I’ve always loved Tony Scott’s filmmaking technique.  Sure, his sun-soaked film shots are constantly repeated.  He always relishes in enhancing the beaded glow of sweat drenching his actor’s faces, arms and chests.  It’s seen in nearly every moment of Top Gun, as well as other celebrated pictures like Crimson Tide, Beverly Hills Cop II and True Romance.  Orange sunlight blankets palm trees and beach lined streets.  Bar saloons and military headquarters are lit in sexy blues and greens.  It may lack originality after seeing a few of his films, but it just makes the movie all the more sexy. 

Tony Scott is also a well-versed director in action sequences.  He’ll get your pulse racing and Top Gun is the best example.  The fighter jet sequences in this film are masterful in editing, sound and speed.  It’s fantastic to see how the planes will twirl around and then shoot themselves straight up into a vertical trajectory in the sky and finally cut in on actors Tom Cruise, Anthony Edwards and Val Kilmer for a “WOO!” moment in the cockpit.  This stuff still holds up.

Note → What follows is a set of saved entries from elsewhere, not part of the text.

-- ===== src/Tool/Search/Tokens.antt =====
-- src/tool/search.rs: how a server reads the built command, whatever text is in the query.
use mathlib.Core.List.{append_assoc, append-nil}
use nexo_plugin_email.Base.{
  ℕ, Str, ◌||◌, Option, none, some, List, [], ◌∷◌, ◌++◌, ◌≡◌, refl, sym, ap, ◌∙◌, subst,
  if◌then◌else◌, ◌==◌, ==_iff, Bool-cases, inl, inr, join, All,
}
use nexo_plugin_email.ImapQuote.Injection.{flattened}
use nexo_plugin_email.ImapQuote.{imap_quote, quote_char, quote_chars}
use nexo_plugin_email.Tool.Search.{IsWordChar, IsWord, keyed}

-- A command is words and quoted strings, each after one blank.
pub data Token : Type 0 where
  word quoted : Str → Token

pub data Mode : Type 0 where
  start after : Mode
  in_word in_quoted escaped : Str → Mode

abbrev pub add : Token → Option (List Token) → Option (List Token)
add t none = none
add t (some ts) = some (t ∷ ts)

-- The reader of RFC 3501: in a quoted string a backslash takes the next character as it is, and a
-- line break is an error.
pub read : Mode → Str → Option (List Token)
read start [] = none
read start (c ∷ s) =
    let quote = read (in_quoted []) s in
    let plain = read (in_word (c ∷ [])) s in
    if c == b'"' then quote else if c == 32 then none else plain
read (in_word w) [] = some (word w ∷ [])
read (in_word w) (c ∷ s) =
    let next = add (word w) (read start s) in
    let more = read (in_word (w ++ c ∷ [])) s in
    if c == 32 then next else if c == b'"' then none else more
read (in_quoted w) [] = none
read (in_quoted w) (c ∷ s) =
    let closed = add (quoted w) (read after s) in
    let escape = read (escaped w) s in
    let more = read (in_quoted (w ++ c ∷ [])) s in
    if c == b'"'
    then closed
    else if c == 13 || c == 10
    then none
    else if c == b'\\'
    then escape
    else more
read (escaped w) [] = none
read (escaped w) (c ∷ s) = read (in_quoted (w ++ c ∷ [])) s
read after [] = some []
read after (c ∷ s) = let next = read start s in if c == 32 then next else none

read-in_word :
    (w s rest : Str)
    → All IsWordChar s
    → read (in_word w) (s ++ rest) ≡ read (in_word (w ++ s)) rest
unfolding read
read-in_word w [] rest h = rw append-nil
read-in_word w (c ∷ s) rest ((blank, mark), h) =
    rw (blank, mark) (read-in_word (w ++ c ∷ []) s rest h ∙ rw append_assoc)

abbrev IsQuotedChar : Str → ℕ → Str → Type 0
IsQuotedChar w c rest =
    read (in_quoted w) (quote_char c ++ rest)
    ≡ read (in_quoted (w ++ (if c == 13 || c == 10 then 32 else c) ∷ [])) rest

read-quote_char : (w : Str) (c : ℕ) (rest : Str) → IsQuotedChar w c rest
unfolding read quote_char
read-quote_char w c rest = elim (Bool-cases (c == b'\\')) [
  | inl e ↦ subst (λ x. IsQuotedChar w x rest) (sym ((==_iff c b'\\').0 e)) refl
  | inr not_slash ↦ elim (Bool-cases (c == b'"')) [
    | inl e ↦ subst (λ x. IsQuotedChar w x rest) (sym ((==_iff c b'"').0 e)) refl
    | inr not_mark ↦ elim (Bool-cases (c == 13 || c == 10)) [
      | inl break ↦ rw (not_slash, not_mark, break) refl
      | inr plain ↦ rw (not_slash, not_mark, plain) (rw (not_mark, plain, not_slash) refl)
    ]
  ]
]

read-quote_chars :
    (w s rest : Str)
    → read (in_quoted w) (quote_chars s ++ rest) ≡ read (in_quoted (w ++ flattened s)) rest
unfolding quote_chars flattened
read-quote_chars w [] rest = rw append-nil
read-quote_chars w (c ∷ s) rest =
    ap (read (in_quoted w)) (append_assoc (quote_char c) (quote_chars s) rest)
    ∙ read-quote_char w c (quote_chars s ++ rest)
    ∙ read-quote_chars (w ++ (if c == 13 || c == 10 then 32 else c) ∷ []) s rest
    ∙ ap (λ v. read (in_quoted v) rest)
        (append_assoc w ((if c == 13 || c == 10 then 32 else c) ∷ []) (flattened s))

read-imap_quote :
    (s rest : Str)
    → read start (imap_quote s ++ rest) ≡ add (quoted (flattened s)) (read after rest)
unfolding imap_quote read
read-imap_quote s rest =
    ap (read (in_quoted [])) (append_assoc (quote_chars s) (b'"' ∷ []) rest)
    ∙ read-quote_chars [] s (b'"' ∷ rest)

read_word : (w rest : Str) → IsWord w → read start (w ++ 32 ∷ rest) ≡ add (word w) (read start rest)
unfolding read
read_word [] rest h = elim h [ ]
read_word (c ∷ w) rest ((blank, mark), h) = rw (blank, mark) (read-in_word (c ∷ []) w (32 ∷ rest) h)

read_last_word : (w : Str) → IsWord w → read start w ≡ some (word w ∷ [])
unfolding read
read_last_word [] h = elim h [ ]
read_last_word (c ∷ w) ((blank, mark), h) =
    rw (blank, mark)
      (ap (read (in_word (c ∷ []))) (sym (append-nil w)) ∙ read-in_word (c ∷ []) w [] h)

-- The tokens of one part of a command, at its end or before another part.
abbrev pub add_all : List Token → Option (List Token) → Option (List Token)
add_all [] o = o
add_all (t ∷ ts) o = add t (add_all ts o)

abbrev pub IsPart : Str → Token → List Token → Type 0
IsPart p t u =
    (read start p ≡ some (t ∷ u))
    × ((rest : Str) → read start (p ++ 32 ∷ rest) ≡ add_all (t ∷ u) (read start rest))

pub word-IsPart : (w : Str) → IsWord w → IsPart w (word w) []
word-IsPart w h = (read_last_word w h, λ rest. read_word w rest h)

pub keyed_quote-IsPart :
    (key v : Str)
    → IsWord key
    → IsPart (keyed key (imap_quote v)) (word key) (quoted (flattened v) ∷ [])
unfolding read
keyed_quote-IsPart key v h = (
  read_word key (imap_quote v) h
      ∙ ap (add (word key))
          (ap (read start) (sym (append-nil (imap_quote v))) ∙ read-imap_quote v []),
  λ rest.
      ap (read start) (append_assoc key (32 ∷ imap_quote v) (32 ∷ rest))
      ∙ read_word key (imap_quote v ++ 32 ∷ rest) h
      ∙ ap (add (word key)) (read-imap_quote v (32 ∷ rest)),
)

pub keyed_word-IsPart :
    (key w : Str) → IsWord key → IsWord w → IsPart (keyed key w) (word key) (word w ∷ [])
keyed_word-IsPart key w h g = (
  read_word key w h ∙ ap (add (word key)) (read_last_word w g),
  λ rest.
      ap (read start) (append_assoc key (32 ∷ w) (32 ∷ rest))
      ∙ read_word key (w ++ 32 ∷ rest) h
      ∙ ap (add (word key)) (read_word w rest g),
)

-- The tokens of a list of parts.
abbrev pub AreParts : List Str → List Token → Type 0
AreParts [] ts = ts ≡ []
AreParts (p ∷ ps) ts =
    (t : Token) × (u : List Token) × (v : List Token) × (ts ≡ t ∷ u ++ v)
    × IsPart p t u
    × AreParts ps v

pub AreParts-append :
    (ps qs : List Str) (u v : List Token)
    → AreParts ps u
    → AreParts qs v
    → AreParts (ps ++ qs) (u ++ v)
AreParts-append [] qs u v h g = subst (λ x. AreParts qs (x ++ v)) (sym h) g
AreParts-append (p ∷ ps) qs u v (t, a, b, e, part, h) g = (
  t,
  a,
  b ++ v,
  ap (λ x. x ++ v) e ∙ ap (λ x. t ∷ x) (append_assoc a b v),
  part,
  AreParts-append ps qs b v h g,
)

add_all-some : (u v : List Token) → add_all u (some v) ≡ some (u ++ v)
add_all-some [] v = refl
add_all-some (t ∷ u) v = ap (add t) (add_all-some u v)

join_cons :
    (p q : Str) (ps : List Str) → join (32 ∷ []) (p ∷ q ∷ ps) ≡ p ++ 32 ∷ join (32 ∷ []) (q ∷ ps)
unfolding join
join_cons p q ps = append_assoc p (32 ∷ []) (join (32 ∷ []) (q ∷ ps))

pub read-join :
    (p : Str) (ps : List Str) (ts : List Token)
    → AreParts (p ∷ ps) ts
    → read start (join (32 ∷ []) (p ∷ ps)) ≡ some ts
unfolding join
read-join p [] ts (t, u, v, e, (alone, before), none_left) =
    alone
    ∙ ap (λ x. some (t ∷ x)) (sym (append-nil u))
    ∙ ap (λ x. some (t ∷ u ++ x)) (sym none_left)
    ∙ ap some (sym e)
read-join p (q ∷ ps) ts (t, u, v, e, (alone, before), h) =
    ap (read start) (join_cons p q ps)
    ∙ before (join (32 ∷ []) (q ∷ ps))
    ∙ ap (add_all (t ∷ u)) (read-join q ps v h)
    ∙ add_all-some (t ∷ u) v
    ∙ ap some (sym e)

Yet, unlike other modern-day films that focus on cadets or students in our armed forces, Top Gun doesn’t concern itself with the discipline of what it takes to serve in the Navy.  This is the informal, class clown version of An Officer And A Gentleman.  You only need look as far as Tom Cruise’s character’s pilot call name, Maverick.  The name itself is a one-word thematic description of what you are watching.  So, the kid who learned to say “what the fuck” in Risky Business, went on to do daredevil flybys while disobeying orders.

Maverick’s real name is Pete Mitchell.  He has no family except that of his co-pilot, Goose (Anthony Edwards).  The disappearance of his Navy pilot father remains a mystery…because it is sexy and cool to have a mystery for your handsome hero in a film like this.  Call it DRAMATIC HEFT!!!! 

When Maverick and Goose get the opportunity to attend “Top Gun” – a fighter school specializing in training the best pilots in the world in aerial dog fighting – they are intent on getting their names on the plaque for the best of the best of THE BEST.  Competition comes in the other prettiest of the pretty boys with Iceman (Val Kilmer).  These are all great likable characters.  Yet, even when I saw this film at sleepaway camp at age 13, I couldn’t help but notice how distracted it gets with the abundance of erotic machoism on display here.  What would serve as dramatic dialogue in another film is presented in a steam room area allowing opportunity to see the male cast wrapped in towels around their waists with wet spiky blond and black hair.  It truly doesn’t matter what they are talking about in this scene.  When you are watching it, all that you are hearing is the sound of Charlie Brown’s unseen and indecipherable school teacher.  “Waa waa.  Waa waa waa waa!”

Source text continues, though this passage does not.